Atherosclerosis is a multifaceted process that has been linked to endothelial dysfunction. Damage to endothelial cells, which may result from factors such as hypertension, hyperlipidemia, or smoking, results in abnormal expression of adhesion molecules. This, in turn, increases the binding of various leukocytes, particularly monocytes and T-lymphocytes, to the endothelial cells (Libby, Ridker, and Masari, 2002; Ruschitzka, Noll, and Luscher, 1997). Inflammatory mediators cause monocytes and T-lymphocytes to migrate into the intima of the vessel (Libby, Ridker, and Masari, 2002). Meanwhile, LDL move into the vessel wall at the site of injury and become oxidized. Subsequently, activated macrophages accumulate oxidized LDL, forming foam cells that are the base of the atherosclerotic plaque. Another important component to the plaque’s development is proliferation and migration of smooth muscle cells to the intima of the vessel.
In the early stages, remodeling of the vessel wall will accommodate the growing plaque with little change in the vessel lumen diameter (Glagov et al., 1987). Thus, blood flow may not be significantly altered at this time. As the plaque continues to grow, the vessel will narrow and stiffen progressively, increasing vascular resistance and potentially limiting coronary blood flow. Additionally, the reduced availability of NO and increased release of endothelin associated with atherosclerosis will offset the normal balance of vascular tone, causing greater vasoconstriction and a further increase in vascular resistance.
Even in the early stages of atherosclerosis, when vessel narrowing may be minimal, the plaque is vulnerable to rupture. Rupture of an atherosclerotic plaque, and subsequent thrombus formation, is one of the most common causes of acute myocardial infarction. When the plaque ruptures, collagen and various procoagulant factors released from the plaque are exposed to flowing blood, with several important consequences. First, platelets become activated, adhere to the vessel wall, and aggregate to begin the formation of a thrombus. Second, the release of procoagulant factors stimulates coagulation (see chapter 8 for a complete discussion of the process of coagulation). Platelets also transport fibrinogen to the injury site, where it can then be converted to fibrin. The fibrin matrix reinforces and strengthens the thrombus. The end result is the formation of a thrombus that may occlude flow through a coronary artery and result in a myocardial infarction.

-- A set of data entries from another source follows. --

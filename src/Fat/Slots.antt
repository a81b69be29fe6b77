-- ===== src/Fat/Slots.antt =====
-- kernel/fs/fat.c: the entry that fat_mkdir and fat_write_file make, as dir_find reads it.
use gnuwindows.Base.{
  ℕ, zero, suc, ◌+◌, ◌*◌, ◌/◌, ◌%◌, ◌^◌, ◌≤◌, ◌<◌, inl, inr, ◌≡◌, refl, sym, ap, ◌∙◌, true, List,
  [], ◌∷◌, length, get_or, Memory, read16, read32, read16_same, read16-write16, read32-write32,
  write8, write16, write32, write8_at, write8_frame, write16_frame, write32_frame, fill, fill_frame,
  Outside, arith,
}
use gnuwindows.Vfs.Paths.{streq}
use gnuwindows.Fat.Names.{to_83, bytes_at, eq83, put_bytes}
use gnuwindows.Fat.Entries.{attr_bit, entry_at}
use gnuwindows.Fat.Files.{put_cluster, new_entry}
use gnuwindows.Fat.Letters.{AreBytes, one_byte, length-to_83, to_83-AreBytes}

put_bytes_frame :
    (at : ℕ) (p : List ℕ) (m : Memory) (b : ℕ) → Outside at (length p) b → put_bytes at p m b ≡ m b
unfolding put_bytes
put_bytes_frame at [] m b o = refl
put_bytes_frame at (c ∷ p) m b (inl h) =
    put_bytes_frame (at + 1) p (write8 at c m) b (inl (omega arith)) ∙ write8_frame at c m b (inl h)
put_bytes_frame at (c ∷ p) m b (inr h) =
    put_bytes_frame (at + 1) p (write8 at c m) b (inr (omega arith))
    ∙ write8_frame at c m b (inr (omega arith))

bytes_at-put_bytes :
    (at : ℕ) (p : List ℕ) (m : Memory) → AreBytes p → bytes_at (length p) at (put_bytes at p m) ≡ p
unfolding bytes_at put_bytes
bytes_at-put_bytes at [] m h = refl
bytes_at-put_bytes at (c ∷ p) m (one_byte b h) =
    let e : put_bytes (at + 1) p (write8 at c m) at ≡ c =
      put_bytes_frame (at + 1) p (write8 at c m) at (inl (omega arith))
      ∙ write8_at at c m at refl
      ∙ omega arith in
    rw e (ap (λ q. c ∷ q) (bytes_at-put_bytes (at + 1) p (write8 at c m) h))

pub bytes_at_same :
    (n at : ℕ) (m m' : Memory)
    → ((b : ℕ) → at ≤ b → b < at + n → m' b ≡ m b)
    → bytes_at n at m' ≡ bytes_at n at m
unfolding bytes_at
bytes_at_same zero at m m' same = refl
bytes_at_same (suc n) at m m' same = rw (same at (omega arith) (omega arith)) (
    ap (λ q. m at ∷ q)
      (bytes_at_same n (at + 1) m m' (λ b lo hi. same b (omega arith) (omega arith))))

streq_same : (p : List ℕ) → streq p p ≡ true
unfolding streq
streq_same [] = refl
streq_same (c ∷ p) = ground (arith, streq_same p)

halves : (cl : ℕ) → cl < 2 ^ 32 → cl % 2 ^ 16 + 2 ^ 16 * (cl / 2 ^ 16 % 2 ^ 16) ≡ cl
halves cl h = omega arith

module _ (at : ℕ) (name : List ℕ) (attr cl size : ℕ) (m : Memory) (h : AreBytes name) where
  named_bytes : Memory
  named_bytes = put_bytes at (to_83 name) (fill 32 at 0 m)

  with_attr : Memory
  with_attr = write8 (at + 11) attr named_bytes

  low_half : Memory
  low_half = write16 (at + 26) cl with_attr

  both_halves : Memory
  both_halves = write16 (at + 20) (cl / 2 ^ 16) low_half

  made : Memory
  made = write32 (at + 28) size both_halves

  made_eq : new_entry at name attr cl size m ≡ made
  unfolding new_entry put_cluster named_bytes with_attr low_half both_halves made
  made_eq = refl

  after_name : (b : ℕ) → b < at + 20 → made b ≡ with_attr b
  unfolding low_half both_halves made
  after_name b hi =
      write32_frame (at + 28) size both_halves b (inl (omega arith))
      ∙ write16_frame (at + 20) (cl / 2 ^ 16) low_half b (inl (omega arith))
      ∙ write16_frame (at + 26) cl with_attr b (inl (omega arith))

  made_name : bytes_at 11 at made ≡ to_83 name
  unfolding with_attr named_bytes
  made_name =
      bytes_at_same 11 at named_bytes made
        (λ b lo hi. after_name b (omega arith) ∙ write8_frame (at + 11) attr named_bytes b (inl hi))
      ∙ ap (λ n. bytes_at n at named_bytes) (sym (length-to_83 name h))
      ∙ bytes_at-put_bytes at (to_83 name) (fill 32 at 0 m) (to_83-AreBytes name h)

  made_attr : made (at + 11) ≡ attr % 2 ^ 8
  unfolding with_attr
  made_attr =
      after_name (at + 11) (omega arith) ∙ write8_at (at + 11) attr named_bytes (at + 11) refl

  made_low : read16 made (at + 26) ≡ cl % 2 ^ 16
  unfolding low_half both_halves made
  made_low =
      read16_same low_half made (at + 26) (λ b lo hi.
        write32_frame (at + 28) size both_halves b (inl (omega arith))
        ∙ write16_frame (at + 20) (cl / 2 ^ 16) low_half b (inr (omega arith)))
      ∙ read16-write16 (at + 26) cl with_attr

  made_high : read16 made (at + 20) ≡ cl / 2 ^ 16 % 2 ^ 16
  unfolding both_halves made
  made_high =
      read16_same both_halves made (at + 20)
        (λ b lo hi. write32_frame (at + 28) size both_halves b (inl (omega arith)))
      ∙ read16-write16 (at + 20) (cl / 2 ^ 16) low_half

  made_size : read32 made (at + 28) ≡ size % 2 ^ 32
  unfolding made
  made_size = read32-write32 (at + 28) size both_halves

  pub eq83-new_entry : eq83 name at (new_entry at name attr cl size m) ≡ true
  unfolding eq83
  eq83-new_entry = rw (made_eq, made_name) (streq_same (to_83 name))

  -- The entry that is made for a name of bytes has this name, and the cluster and the size, both below
  -- 2^32, and the kind that were asked for.
  pub entry_at-new_entry :
      (lba : ℕ)
      → cl < 2 ^ 32
      → size < 2 ^ 32
      → (eq83 name at (new_entry at name attr cl size m) ≡ true)
        × (entry_at lba at (new_entry at name attr cl size m) ≡ record {
          cluster = cl;
          size = size;
          is_dir = attr_bit 16 (attr % 2 ^ 8);
          lba = lba;
          offset = at;
        })
  unfolding entry_at
  entry_at-new_entry lba hc hs =
      let small_size : size % 2 ^ 32 ≡ size = omega arith in
      (
        eq83-new_entry,
        rw (made_eq, made_low, made_high, made_attr, made_size, halves cl hc, small_size) refl,
      )

  -- the entry has its attributes, a name that it begins with, and no byte outside of it changes
  pub new_entry-attr : new_entry at name attr cl size m (at + 11) ≡ attr % 2 ^ 8
  new_entry-attr = rw made_eq made_attr

  pub new_entry-first : new_entry at name attr cl size m at ≡ get_or (to_83 name) 0 0
  unfolding bytes_at
  new_entry-first = rw made_eq (ap (λ p. get_or p 0 0) made_name)

  pub new_entry_frame : (b : ℕ) → Outside at 32 b → new_entry at name attr cl size m b ≡ m b
  unfolding named_bytes with_attr low_half both_halves made
  new_entry_frame b o =
      let e : length (to_83 name) ≡ 11 = length-to_83 name h in
      rw made_eq (
        write32_frame (at + 28) size both_halves b (ground arith)
        ∙ write16_frame (at + 20) (cl / 2 ^ 16) low_half b (ground arith)
        ∙ write16_frame (at + 26) cl with_attr b (ground arith)
        ∙ write8_frame (at + 11) attr named_bytes b (ground arith)
        ∙ put_bytes_frame at (to_83 name) (fill 32 at 0 m) b (ground arith)
        ∙ fill_frame 32 at 0 m b o)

Aerobic training can protect against atherosclerosis by maintaining normal endothelial cell function and NO release. Additionally, moderate aerobic exercise has been shown to improve endothelial cell function in patients with coronary artery disease (Edwards et al., 2004). The progression of atherosclerosis may be slowed or even reversed through lifestyle modification, including regular exercise and management of other risk factors, such as hypertension, hyperlipidemia, diabetes, smoking, and obesity. Further, positive adaptations in platelet activity, coagulation, and fibrinolysis associated with endurance training may reduce the chance of an acute cardiac event in patients with atherosclerotic disease.